Since the amazon cloud is one of the major spam sending networks and a lot of abuse originates from it. I dont think letsencrypt should associate itself with such party. Furthermore by using those ip ranges you are forcing providers to open firewalls they previously closed for this amazon cloud.
We've had a number of threads on this forum related to different aspects of this, but per
and this very recent thread
Let's Encrypt isn't willing to commit to connecting or not connecting from any particular part of the Internet, or otherwise support people making firewall exceptions specifically for Let's Encrypt IP addresses. If there are any IP addresses from which you don't want to allow inbound challenge connections, we request that you use the DNS-01 challenge method.

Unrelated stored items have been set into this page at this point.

-- ===== src/Locks.antt =====
-- src/lib/locks.c: lock files that Lua code holds.
pub mod Lock
pub mod Balanced
pub mod Examples
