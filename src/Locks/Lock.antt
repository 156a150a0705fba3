-- ===== src/Locks/Lock.antt =====
-- src/lib/locks.c: the lock object and its functions, with the kernel's answers as arguments. Each
-- gives the calls of the kernel that it makes.
use turris_updater.Base.{
  ℕ, Bool, true, false, List, [], ◌∷◌, ◌++◌, Option, none, some, Bytes, if◌then◌else◌,
}

-- struct lock; no descriptor is -1, and no path is NULL.
pub record Lock : Type 0 where
  pub path : Option Bytes
  pub fd : Option ℕ
  pub locked : Bool

pub data KernelCall : Type 0 where
  creat : Bytes → KernelCall
  set_cloexec : ℕ → KernelCall
  try_lock : ℕ → KernelCall
  unlock : ℕ → KernelCall
  close : ℕ → KernelCall

-- The three errors for Lua, with the path that they name.
pub data LockError : Type 0 where
  not_created : Bytes → LockError
  not_locked : Bytes → LockError
  not_held : Option Bytes → LockError

-- How a call from Lua ends.
pub data Ended : Type 0 where
  returns : Ended
  raises : LockError → Ended
  dies : Ended

pub record Done : Type 0 where
  pub lock : Lock
  pub calls : List KernelCall
  pub ended : Ended

-- What creat gives, and whether fcntl and lockf succeed.
pub record Acquisition : Type 0 where
  pub created : Option ℕ
  pub cloexec : Bool
  pub got_lock : Bool

-- A failed lockf leaves the descriptor open.
unfoldable pub lua_acquire : Acquisition → Bytes → Done
lua_acquire a path = elim a.created [
  | none ↦ record {
    lock = record { path = some path; fd = none; locked = false };
    calls = creat path ∷ [];
    ended = raises (not_created path);
  }
  | some fd ↦
      (if a.cloexec
        then (if a.got_lock
            then record {
              lock = record { path = some path; fd = some fd; locked = true };
              calls = creat path ∷ set_cloexec fd ∷ try_lock fd ∷ [];
              ended = returns;
            }
            else record {
              lock = record { path = some path; fd = some fd; locked = false };
              calls = creat path ∷ set_cloexec fd ∷ try_lock fd ∷ [];
              ended = raises (not_locked path);
            })
        else record {
          lock = record { path = some path; fd = some fd; locked = false };
          calls = creat path ∷ set_cloexec fd ∷ [];
          ended = dies;
        })
]

-- Whether lockf unlocks and close succeeds.
pub record Answers : Type 0 where
  pub unlocked : Bool
  pub closed : Bool

-- `release_fd` is the part for a lock that is held.
unfoldable pub release_fd : Answers → Lock → Option ℕ → Done
release_fd a lock none = record { lock = lock; calls = []; ended = dies }
release_fd a lock (some fd) =
    if a.unlocked
    then (if a.closed
        then record {
          lock = record lock { locked = false; fd = none };
          calls = unlock fd ∷ close fd ∷ [];
          ended = returns;
        }
        else record {
          lock = record lock { locked = false };
          calls = unlock fd ∷ close fd ∷ [];
          ended = dies;
        })
    else record { lock = lock; calls = unlock fd ∷ []; ended = dies }

unfoldable pub lua_lock_release : Answers → Lock → Done
unfolding release_fd
lua_lock_release a lock =
    if lock.locked
    then release_fd a lock lock.fd
    else record { lock = lock; calls = []; ended = raises (not_held lock.path) }

-- The part of `lua_lock_gc` after the release: what is still open is closed, the path is freed.
unfoldable pub close_open : Bool → List KernelCall → Lock → Option ℕ → Done
close_open closed calls lock none = record {
  lock = record lock { path = none };
  calls = calls;
  ended = returns;
}
close_open closed calls lock (some fd) =
    if closed
    then record {
      lock = record lock { fd = none; path = none };
      calls = calls ++ close fd ∷ [];
      ended = returns;
    }
    else record { lock = lock; calls = calls ++ close fd ∷ []; ended = dies }

-- An error or a failed assertion of the release leaves the function.
unfoldable pub after_release : Bool → Done → Done
unfolding close_open
after_release closed d = elim d.ended [
  | returns ↦ close_open closed d.calls d.lock d.lock.fd
  | raises e ↦ d
  | dies ↦ d
]

-- The second argument is the answer of the other close.
unfoldable pub lua_lock_gc : Answers → Bool → Lock → Done
unfolding lua_lock_release after_release close_open
lua_lock_gc a closed lock =
    if lock.locked
    then after_release closed (lua_lock_release a lock)
    else close_open closed [] lock lock.fd
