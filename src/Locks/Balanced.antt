-- ===== src/Locks/Balanced.antt =====
-- src/lib/locks.c: over the life of a lock object nothing stays open or locked, and nothing is
-- closed twice.
use turris_updater.Base.{
  ℕ, zero, suc, ◌≡◌, refl, ap, Bool, true, false, List, [], ◌∷◌, ◌++◌, Option, none, some, Bytes,
  if◌then◌else◌,
}
use turris_updater.Locks.Lock.{
  Lock, KernelCall, unlock, close, returns, Acquisition, Answers, lua_acquire, release_fd,
  lua_lock_release, close_open, after_release, lua_lock_gc,
}

-- The kernel unlocks and closes what it is asked to.
abbrev pub obeyed : Answers
obeyed = record { unlocked = true; closed = true }

-- A number of calls of `release` from Lua, with their calls of the kernel.
abbrev pub releases : ℕ → Lock → Lock × List KernelCall
releases zero lock = (lock, [])
releases (suc n) lock =
    let d = lua_lock_release obeyed lock in
    let rest = releases n d.lock in (rest.0, d.calls ++ rest.1)

-- The calls after an acquisition that undo it.
abbrev pub undoing : Acquisition → List KernelCall
undoing a = elim a.created [
  | none ↦ []
  | some fd ↦ (if a.got_lock then unlock fd ∷ close fd ∷ [] else close fd ∷ [])
]

-- The releases and then the collection: their calls are the given ones, and the object is empty.
abbrev pub EndsWith : List KernelCall → ℕ → Lock → Type 0
EndsWith calls n lock =
    let r = releases n lock in
    let g = lua_lock_gc obeyed true r.0 in
    (r.1 ++ g.calls ≡ calls)
    × (g.ended ≡ returns)
    × (g.lock ≡ record { path = none; fd = none; locked = false })

closed-EndsWith :
    (path : Option Bytes) (n : ℕ)
    → EndsWith [] n (record { path = path; fd = none; locked = false })
unfolding lua_lock_release lua_lock_gc close_open
closed-EndsWith path zero = (refl, refl, refl)
closed-EndsWith path (suc n) = closed-EndsWith path n

open-EndsWith :
    (path : Option Bytes) (fd n : ℕ)
    → EndsWith (close fd ∷ []) n (record { path = path; fd = some fd; locked = false })
unfolding lua_lock_release lua_lock_gc close_open
open-EndsWith path fd zero = (refl, refl, refl)
open-EndsWith path fd (suc n) = open-EndsWith path fd n

held-EndsWith :
    (path : Option Bytes) (fd n : ℕ)
    → EndsWith (unlock fd ∷ close fd ∷ []) n (record { path = path; fd = some fd; locked = true })
unfolding lua_lock_release lua_lock_gc close_open release_fd after_release
held-EndsWith path fd zero = (refl, refl, refl)
held-EndsWith path fd (suc n) =
    let h = closed-EndsWith path n in (ap (λ calls. unlock fd ∷ close fd ∷ calls) h.0, h.1, h.2)

-- If setting close-on-exec, unlocking and closing succeed: however the acquisition goes and however
-- often Lua releases the lock before it is collected, the descriptor is closed once if there was
-- one, after being unlocked once if it was locked, and the object is empty at the end.
pub lua_acquire-undoing :
    (a : Acquisition) (path : Bytes) (n : ℕ)
    → a.cloexec ≡ true
    → EndsWith (undoing a) n (lua_acquire a path).lock
unfolding lua_acquire
lua_acquire-undoing a path n c = by a.created a.got_lock
  where
    by :
        (o : Option ℕ) (g : Bool)
        → EndsWith
            (undoing (record { created = o; cloexec = a.cloexec; got_lock = g }))
            n
            (lua_acquire (record { created = o; cloexec = a.cloexec; got_lock = g }) path).lock
    by none g = closed-EndsWith (some path) n
    by (some fd) true = rw c (held-EndsWith (some path) fd n)
    by (some fd) false = rw c (open-EndsWith (some path) fd n)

I should clarify that it’s fine to block requests other than HTTP requests starting with
/.well-known/acme-challenge/ (for HTTP-01) or HTTPS ClientHello messages presenting SNI for names ending in
.acme.invalid (for TLS-SNI-01). Let’s Encrypt doesn’t insist on being able to send arbitrary traffic to arbitrary parts of websites for these validation methods.
the cloud which let’s encrypt chooses is up to them really.
I am not sure why you would suggest a certificate authority such as lets encrypt makes changes to their infrastructure.
(post withdrawn by author, will be automatically deleted in 24 hours unless flagged)
or otherwise support people making firewall exceptions specifically for Let’s Encrypt IP addresses.
Why not? Your business is to supply certificates and authenticate the domain (ownership)? In the mentioned threads I don’t read any argumentation why validating from your ‘hidden’ ip’s is better than from known published ip’s? Can you elaborate on this?
Amazon is an infrastructure as a service provider
They provide services which people can use in different ways
Not everyone on amazon is misusing the services. In fact very large organisations and governments use AWS services.
Almost every web hosting company and Infrastructure as a Service provider will have people who abuse the service. It doesn’t mean that everyone else using the service agrees with them.
AWS selection is usually based on availability, security, pricing and ease of use. Almost no one picks a Infrastructure as a service provider using your rationale.
once again this is a normal process for Software as a service providers
Validating from non published IPs means they can load balance around the world and choose how they approach a problem.
Having to use certain IPs adds a lot of overhead.
Most modern firewalls can support host name based filters and this has been discussed before.
I’ve closed this topic since the tone between participants is degrading quickly and the original topic has been addressed by @schoen.